Problem to work on: Each entry that follows must be output without any deviation.

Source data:
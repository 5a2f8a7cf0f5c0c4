-- ===== src/ReplMaster/Examples.antt =====
-- A ring of four slots.
use lightkv.Prelude.{ℕ, ◌≡◌, refl, arith, false, List, [], ◌∷◌, ◌++◌}
use lightkv.ReplMaster.{
  ReplMaster, new_master, feed, has_slave, handle_psync, ring_bytes, get_backlog_from,
}
use lightkv.ReplMaster.Ring.{Holds, new_master-Holds, feed-Holds}
use lightkv.ReplMaster.Resync.{Served, with_slaves-Holds, handle_psync-Served}

abbrev start : ReplMaster
start = new_master (b'm' ∷ []) 4

abbrev six : List ℕ
six = 1 ∷ 2 ∷ 3 ∷ 4 ∷ 5 ∷ 6 ∷ []

start-Holds : Holds [] start
start-Holds = new_master-Holds (b'm' ∷ []) 4 (omega arith)

feed-Holds_example : ((feed six start).0 ≡ 0) × Holds ([] ++ six) (feed six start).1
feed-Holds_example = feed-Holds [] six start start-Holds

abbrev fed : ReplMaster
fed = (feed six start).1

-- The last three bytes, out of a ring that has wrapped around.
wrapped : get_backlog_from 3 fed ≡ 4 ∷ 5 ∷ 6 ∷ []
unfolding get_backlog_from feed new_master ring_bytes
wrapped = refl

-- The same ring with a replica.
abbrev with_slave : ReplMaster
with_slave = record fed {
  slaves =
      (record {
        fd = 9;
        ack_offset = 0;
        pending_offset = 0;
        sent_full_resync = false;
        in_rdb_transfer = false;
      })
      ∷ [];
}

handle_psync-Served_example :
    Served six
      (b'm' ∷ [])
      3
      9
      with_slave
      (handle_psync (b'm' ∷ []) 3 9 with_slave).1
      (handle_psync (b'm' ∷ []) 3 9 with_slave).0
    × Holds six (handle_psync (b'm' ∷ []) 3 9 with_slave).1
handle_psync-Served_example =
    handle_psync-Served six (b'm' ∷ []) 3 9 with_slave
      (with_slaves-Holds six fed with_slave.slaves (feed-Holds [] six start start-Holds).1)
      (unfold has_slave in refl)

Solution to the problem:
repository 5a2f8a7cf0f5c0c4
-- ===== src/ReplMaster/Examples.antt =====
-- A ring of four slots.
use lightkv.Prelude.{ℕ, ◌≡◌, refl, arith, false, List, [], ◌∷◌, ◌++◌}
use lightkv.ReplMaster.{
  ReplMaster, new_master, feed, has_slave, handle_psync, ring_bytes, get_backlog_from,
}
use lightkv.ReplMaster.Ring.{Holds, new_master-Holds, feed-Holds}
use lightkv.ReplMaster.Resync.{Served, with_slaves-Holds, handle_psync-Served}

abbrev start : ReplMaster
start = new_master (b'm' ∷ []) 4

abbrev six : List ℕ
six = 1 ∷ 2 ∷ 3 ∷ 4 ∷ 5 ∷ 6 ∷ []

start-Holds : Holds [] start
start-Holds = new_master-Holds (b'm' ∷ []) 4 (omega arith)

feed-Holds_example : ((feed six start).0 ≡ 0) × Holds ([] ++ six) (feed six start).1
feed-Holds_example = feed-Holds [] six start start-Holds

abbrev fed : ReplMaster
fed = (feed six start).1

-- The last three bytes, out of a ring that has wrapped around.
wrapped : get_backlog_from 3 fed ≡ 4 ∷ 5 ∷ 6 ∷ []
unfolding get_backlog_from feed new_master ring_bytes
wrapped = refl

-- The same ring with a replica.
abbrev with_slave : ReplMaster
with_slave = record fed {
  slaves =
      (record {
        fd = 9;
        ack_offset = 0;
        pending_offset = 0;
        sent_full_resync = false;
        in_rdb_transfer = false;
      })
      ∷ [];
}

handle_psync-Served_example :
    Served six
      (b'm' ∷ [])
      3
      9
      with_slave
      (handle_psync (b'm' ∷ []) 3 9 with_slave).1
      (handle_psync (b'm' ∷ []) 3 9 with_slave).0
    × Holds six (handle_psync (b'm' ∷ []) 3 9 with_slave).1
handle_psync-Served_example =
    handle_psync-Served six (b'm' ∷ []) 3 9 with_slave
      (with_slaves-Holds six fed with_slave.slaves (feed-Holds [] six start start-Holds).1)
      (unfold has_slave in refl)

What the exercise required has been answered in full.